A pesquisadora explica que o girassol é uma cultura rentável e opção para o produtor na entressafra, ou seja, ao final da colheita da soja. Geralmente os produtores colhem a soja até o mês de fevereiro e a partir daí iniciam o plantio do girassol, que tem um ciclo de produção de até 120 dias e é colhido entre o mês de junho e agosto.

O que torna o grão atrativo é a resistência do girassol frente às condições extremas do clima, como a estiagem e a baixa umidade. “O girassol é ideal para entressafra porque ele aproveita as últimas chuvas do verão no momento que é plantado e depois é colhido em um clima bastante seco, que outras culturas têm dificuldade de se manter”. 

Regina Leite detalha que o Brasil já viveu épocas de mercado bem mais aquecido. Em 2006, por exemplo, o país plantava 150 mil hectares de girassol, o que representou uma produção de mais de 225 mil toneladas do grão. Nesse período, o país investia em estudos de biocombustível a partir do girassol. Experimentos que envolveram até a Petrobras prosperaram e até tratores se moviam gerados a óleo de girassol, no interior de São Paulo.

Colheita do girassol é feita quando planta está totalmente seca (Foto: Reprodução, Freepik)

No entanto, com o avanço das pesquisas, ficou comprovado que a nobreza e qualidade do óleo de girassol para alimentação humana e até animal eram barreiras para que o líquido fosse queimado em motores de veículos. 

“Concluímos que seria até uma heresia usar como combustível um produto tão nobre e com excelentes propriedades para a saúde. Para isso, temos óleo de soja que se mantém como uma boa opção para biocombustível”.

A nobreza do grão composto 45% por óleo

A partir daí, o mercado interno se especializou na produção de girassol voltado à indústria alimentícia e o subproduto, como o farelo que tem alto teor de proteína, para produção de ração animal.
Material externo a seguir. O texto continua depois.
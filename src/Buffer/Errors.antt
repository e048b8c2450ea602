-- ===== src/Buffer/Errors.antt =====
-- What an insert leaves when it fails.
use potatodb.Prelude.{
  ◌≡◌, ◌≢◌, refl, ap, ◌∙◌, String, false, Option, none, some, List, ◌++◌, take-append, length, ◌==◌,
  if◌then◌else◌, str_eq, str_eq_iff, Bool-cases, inl, inr, arith,
}
use potatodb.Prelude.HashMap.{get, get-insert, get-remove}
use potatodb.Arrow.Log.{ArrowWal, Outcome, append}
use potatodb.Buffer.State.{
  Env, BufferedInsert, Db, Reply, done, failed, ◌>>=◌, before_insert, total, target_columns,
}
use potatodb.Buffer.Flush.{on_arrow}
use potatodb.Buffer.Insert.{
  Moment, entry_or_new, extended, cut_back, put_entry, keep_or_cut, log_batches, flush_if_full,
  columns_eq, flush_other, buffer_into, buffer_insert_batches,
}
use potatodb.Buffer.Sound.{batches_in, buffered}

module _ {e : Env} where
  -- The entry that an insert extends, and the world after its check.
  abbrev pub entry_before : Moment → String → Db e → BufferedInsert e
  entry_before m table d = entry_or_new e none m.now (get d.write_buffer table)

  abbrev pub check : Moment → String → List e.ipc.Batch → Db e → e.World × Option e.Merges
  check m table batches d =
      let entry = extended e batches (entry_before m table d) in
      e.validate before_insert table (target_columns entry.columns (get d.catalog.tables table))
        entry.batches d.catalog d.world

  entry_before_batches :
      (m : Moment) (table : String) (d : Db e)
      → (entry_before m table d).batches ≡ buffered d.write_buffer table
  entry_before_batches m table d = go (get d.write_buffer table)
    where
      go : (o : Option (BufferedInsert e)) → (entry_or_new e none m.now o).batches ≡ batches_in o
      go none = refl
      go (some entry) = ground arith

  -- No entry is flushed first.
  nothing_flushed :
      (m : Moment) (table : String) (d : Db e)
      → ((entry : BufferedInsert e) → get d.write_buffer table ≡ some entry → entry.columns ≡ none)
      → flush_other e m table none d (get d.write_buffer table) ≡ done tt d
  unfolding columns_eq
  nothing_flushed m table d plain = go (get d.write_buffer table) refl
    where
      go :
          (o : Option (BufferedInsert e))
          → get d.write_buffer table ≡ o
          → flush_other e m table none d o ≡ done tt d
      go none q = refl
      go (some entry) q = rw (plain entry q) refl

  goes_on :
      (m : Moment) (table : String) (batches : List e.ipc.Batch) (d : Db e)
      → total e.num_rows batches ≢ 0
      → ((entry : BufferedInsert e) → get d.write_buffer table ≡ some entry → entry.columns ≡ none)
      → buffer_insert_batches e m table none batches d
        ≡ buffer_into e m table batches (entry_before m table d) d
  unfolding buffer_insert_batches
  goes_on m table batches d ne plain =
      let some_rows : (total e.num_rows batches == 0) ≡ false = ground (arith, ne) in
      rw some_rows (
        ap (λ r. r >>= λ _ d1. buffer_into e m table batches (entry_before m table d1) d1)
          (nothing_flushed m table d plain))

-- An insert without a list of columns, where the buffer has no entry with one, whose batches the
-- constraint check refuses, fails, and leaves the batches of every table in the buffer as they were.
buffer_insert_batches_refused :
    {e : Env} (m : Moment) (table : String) (batches : List e.ipc.Batch) (d : Db e) (w : e.World)
    → total e.num_rows batches ≢ 0
    → ((entry : BufferedInsert e) → get d.write_buffer table ≡ some entry → entry.columns ≡ none)
    → check m table batches d ≡ (w, none)
    → (d1 : Db e) × (buffer_insert_batches e m table none batches d ≡ failed d1)
      × ((t : String) → buffered d1.write_buffer t ≡ buffered d.write_buffer t)
unfolding buffer_into
buffer_insert_batches_refused {e} m table batches d w ne plain refused =
    let before = entry_before m table d in
    let entry = extended e batches before in
    let d0 = put_entry e table entry d in
    (
      put_entry e table (cut_back e before entry) (record d0 { world = w }),
      goes_on m table batches d ne plain
          ∙ ap
              (λ x. keep_or_cut e table before entry d0 x >>= λ _ d2.
                log_batches e m table batches d2 >>= λ _ d3.
                flush_if_full e m table d3 >>= λ full d4. done (total e.num_rows batches, full) d4)
              refused,
      λ t. elim (Bool-cases (str_eq table t)) [
        | inl q ↦
            rw (get-insert d0.write_buffer table t (cut_back e before entry), q)
              (take-append (length before.batches) before.batches batches refl
                ∙ entry_before_batches m table d
                ∙ ap (buffered d.write_buffer) ((str_eq_iff table t).0 q))
        | inr q ↦
            rw
              (
                get-insert d0.write_buffer table t (cut_back e before entry),
                q,
                get-remove d.write_buffer table t,
                q,
              )
              refl
      ],
    )

-- An insert without a list of columns, where the buffer has no entry with one, whose batches pass
-- the check and then cannot be appended to the Arrow log, fails as well, but leaves the batches in
-- the buffer.
pub buffer_insert_batches_unlogged :
    {e : Env} (m : Moment) (table : String) (batches : List e.ipc.Batch) (d : Db e) (w : e.World)
    (merges : e.Merges) (v v1 : ArrowWal)
    → total e.num_rows batches ≢ 0
    → ((entry : BufferedInsert e) → get d.write_buffer table ≡ some entry → entry.columns ≡ none)
    → check m table batches d ≡ (w, some merges)
    → d.replaying_wal ≡ false
    → d.arrow_wal ≡ some v
    → append e.ipc m.faults m.now table batches v ≡ Outcome.err v1
    → (d1 : Db e) × (buffer_insert_batches e m table none batches d ≡ failed d1)
      × (buffered d1.write_buffer table ≡ buffered d.write_buffer table ++ batches)
unfolding buffer_into
buffer_insert_batches_unlogged {e} m table batches d w merges v v1 ne plain passed off at broken =
    let before = entry_before m table d in
    let entry = extended e batches before in
    let d0 = put_entry e table entry d in
    (
      record d0 { world = w; arrow_wal = some v1 },
      goes_on m table batches d ne plain
          ∙ ap
              (λ x. keep_or_cut e table before entry d0 x >>= λ _ d2.
                log_batches e m table batches d2 >>= λ _ d3.
                flush_if_full e m table d3 >>= λ full d4. done (total e.num_rows batches, full) d4)
              passed
          ∙ ap
              (λ r. r >>= λ _ d3.
                flush_if_full e m table d3 >>= λ full d4. done (total e.num_rows batches, full) d4)
              (not_logged (record d0 { world = w }) off at),
      rw (get-insert d.write_buffer table table entry, (str_eq_iff table table).1 refl)
          (ap (λ bs. bs ++ batches) (entry_before_batches m table d)),
    )
  where
    opened : Db e → Option ArrowWal → Reply e (Unit {0})
    opened d2 none = done tt d2
    opened d2 (some w) = on_arrow e d2 (append e.ipc m.faults m.now table batches w)

    not_logged :
        (d2 : Db e)
        → d2.replaying_wal ≡ false
        → d2.arrow_wal ≡ some v
        → log_batches e m table batches d2 ≡ failed (record d2 { arrow_wal = some v1 })
    not_logged d2 off at =
        ap (λ b. if b then done tt d2 else opened d2 d2.arrow_wal) off
        ∙ ap (opened d2) at
        ∙ ap (on_arrow e d2) broken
“O Brasil não é autossuficiente em óleos e importamos principalmente da Argentina. Com isso, o mercado de óleos vegetais se tornou o principal destino do girassol, muito porque 45% do grão é composto por óleo, é muito rentável neste sentido”, explica a pesquisadora.

Atualmente, o girassol tem lavouras de expressão no Mato Grosso e Goiás, e são nestes estados que estão implantadas as indústrias que compram os grãos produzidos em Mato Grosso do Sul, fazem a moagem para a retirada do óleo e o restante vira farelo para ração animal. Além do envase do óleo para venda direta ao consumidor, o produto também é usado pela indústria na fritura de alimentos, devido às atrativas propriedades nutricionais do girassol. Você vai conferir mais sobre isso em outro trecho desta reportagem.

Entre os trabalhos desenvolvidos pelo Núcleo Temático do Girassol, grupo da Embrapa do Paraná que pesquisa o grão, está o melhoramento da cultura, que busca redução no tempo de germinação e maturação da planta, proporcionando ciclos mais precoces de cultivo. Além disso, melhorar a qualidade do grão também é um dos objetivos dos pesquisadores.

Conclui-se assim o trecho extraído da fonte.